# mm's and or inches



## DaveH (Mar 4, 2011)

Just as a bit of fun I thought it may be nice see what units are used for different 'things' around the world.

Do you mix and match, inches only, mm only? Or do you have your own special units?

I'll start.

Mainly mm general/marking out

Inches on the lathe

mm on the mill except for the Z axis thats inches.

Dave


----------



## b.lindsey (Mar 4, 2011)

I am confused easily enough as it is without adding to it by mixing systems across machines or within the axes of one machine. Can I convert when needed? Sure, and have to pretty often. Most DRO's and even electronic calipers these days make the job even easier, but when I start a project it ALL in one system, and for me that is inches.

Bill


----------



## DaveRC (Mar 4, 2011)

I prefer working in mm but my lathe is imperial but the mill is metric and have to swap about between them a bit. Smaller stuff I like to use mm all the time, but if it gets big, like I am doing some woodwork I tend to measure everything in feet and inches. It is an odd mix... 
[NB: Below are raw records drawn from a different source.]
-- ===== src/Backtest/FillSimulator/Fills.antt =====
-- How much and at which price the simulator fills.
use nano_trade.Base.{
  ℕ, ◌+◌, ◌≤◌, ◌≡◌, ◌⊎◌, inl, refl, arith, Bool, true, false, not, if◌then◌else◌, some, List, [],
  ◌∷◌,
}
use nano_trade.Base.Int.{ℤ, ◌≤ℤ◌}
use nano_trade.Common.Types.{is_buy, is_sell}
use nano_trade.Exchange.Messages.{MeClientRequest, MeMarketUpdate, MarketUpdateType}
use nano_trade.Trading.MarketOrder.{Bbo}
use nano_trade.Backtest.FillSimulator.{
  PendingOrder, passive_event, passive_trade, passive_cancel, aggressive_fill, is_concerned,
}

-- What an event may do to a pending order, and the quantity that it may fill.
pub record IsFair (po : PendingOrder) (ev : MeMarketUpdate) (po' : PendingOrder) (fill_qty : ℕ)
    : Type 0 where
  pub conserved : po'.leaves_qty + fill_qty ≡ po.leaves_qty
  pub shrinks : po'.queue_ahead_qty ≤ po.queue_ahead_qty
  pub in_turn :
      (fill_qty ≡ 0) ⊎ ((po'.queue_ahead_qty ≡ 0) × (po.queue_ahead_qty + fill_qty ≤ ev.qty))
  pub same_req : po'.req ≡ po.req

same-IsFair : (po : PendingOrder) (ev : MeMarketUpdate) → IsFair po ev po 0
same-IsFair po ev = record {
  conserved = omega arith;
  shrinks = omega arith;
  in_turn = inl refl;
  same_req = refl;
}

passive_trade-IsFair :
    (po : PendingOrder) (ev : MeMarketUpdate)
    → let (po', fill_qty) = passive_trade po ev in IsFair po ev po' fill_qty
unfolding passive_trade
passive_trade-IsFair po ev = ground arith

passive_cancel-IsFair :
    (po : PendingOrder) (ev : MeMarketUpdate) → IsFair po ev (passive_cancel po ev) 0
unfolding passive_cancel
passive_cancel-IsFair po ev = ground arith

-- An event takes off a pending order what it fills; the queue ahead only shrinks, and a fill comes
-- only when that queue is empty and from what the event leaves over after it. The request stays.
pub passive_event-IsFair :
    (po : PendingOrder) (ev : MeMarketUpdate)
    → let (po', fill_qty) = passive_event po ev in IsFair po ev po' fill_qty
unfolding passive_event
passive_event-IsFair po ev = from (is_concerned po ev) ev.type
  where
    from :
        (b : Bool) (type : MarketUpdateType)
        → let r : PendingOrder × ℕ =
            (if not b then (po, 0) else elim type [
              | MarketUpdateType.trade ↦ passive_trade po ev
              | MarketUpdateType.cancel ↦ (passive_cancel po ev, 0)
              | _ ↦ (po, 0)
            ]) in
          IsFair po ev r.0 r.1
    from false type = same-IsFair po ev
    from true MarketUpdateType.trade = passive_trade-IsFair po ev
    from true MarketUpdateType.cancel = passive_cancel-IsFair po ev
    from true MarketUpdateType.invalid = same-IsFair po ev
    from true MarketUpdateType.clear = same-IsFair po ev
    from true MarketUpdateType.add = same-IsFair po ev
    from true MarketUpdateType.modify = same-IsFair po ev
    from true MarketUpdateType.snapshot_start = same-IsFair po ev
    from true MarketUpdateType.snapshot_end = same-IsFair po ev

-- A fill against the current prices is for at least one and for no more than what the order still
-- wants and the other side offers, and its price is no worse for the order than its limit.
pub aggressive_fill-within :
    (req : MeClientRequest) (cur : Bbo) (leaves_qty fill_qty : ℕ) (price : ℤ)
    → aggressive_fill req cur leaves_qty ≡ some (fill_qty, price)
    → (fill_qty ≤ leaves_qty)
      × (1 ≤ fill_qty)
      × (((is_buy req.side ≡ true) × (price ≤ℤ req.price) × (fill_qty ≤ cur.ask_qty))
          ⊎ ((is_sell req.side ≡ true) × (req.price ≤ℤ price) × (fill_qty ≤ cur.bid_qty)))
unfolding aggressive_fill
aggressive_fill-within req cur leaves_qty fill_qty price e = ground arith

-- A whole run of events against one order.
unfoldable pub passive_run : PendingOrder → List MeMarketUpdate → PendingOrder × ℕ
unfolding passive_event
passive_run po [] = (po, 0)
passive_run po (ev ∷ evs) =
    let (po', fill_qty) = passive_event po ev in
    let (po'', filled) = passive_run po' evs in (po'', fill_qty + filled)

-- Over any run of market events, what is filled of a pending order and what it still wants add up
-- to what it wanted at first; the queue ahead of it does not grow, and when anything has been
-- filled that queue is empty.
pub passive_run-conserves :
    (evs : List MeMarketUpdate) (po : PendingOrder)
    → let (po', filled) = passive_run po evs in
      (po'.leaves_qty + filled ≡ po.leaves_qty)
      × (po'.queue_ahead_qty ≤ po.queue_ahead_qty)
      × ((filled ≡ 0) ⊎ (po'.queue_ahead_qty ≡ 0))
unfolding passive_run
passive_run-conserves [] po = (omega arith, omega arith, inl refl)
passive_run-conserves (ev ∷ evs) po =
    let (po', fill_qty) = passive_event po ev in
    let f = passive_event-IsFair po ev in
    let (conserved, shrinks, turn) = passive_run-conserves evs po' in
    (
      omega (arith, f.conserved, conserved),
      omega (arith, f.shrinks, shrinks),
      ground (arith, f.in_turn, turn, shrinks),
    )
I also shoot and everything (distance) is all in yards. 

So anything under a foot is in mm and anything over 300mm is in inches, feet, yards..... scratch.gif

Dave


----------



## Ken I (Mar 4, 2011)

I once came up against a 45mm x 24 TPI thread - go figure ?

I had to tool up for a production run and figured that my tooling supplier - EMUGE - in Germany - would ask all sorts of questions - but no - not a peep - they supplied all the required tangential dies, Go-No go gauges etc without questioning a thing.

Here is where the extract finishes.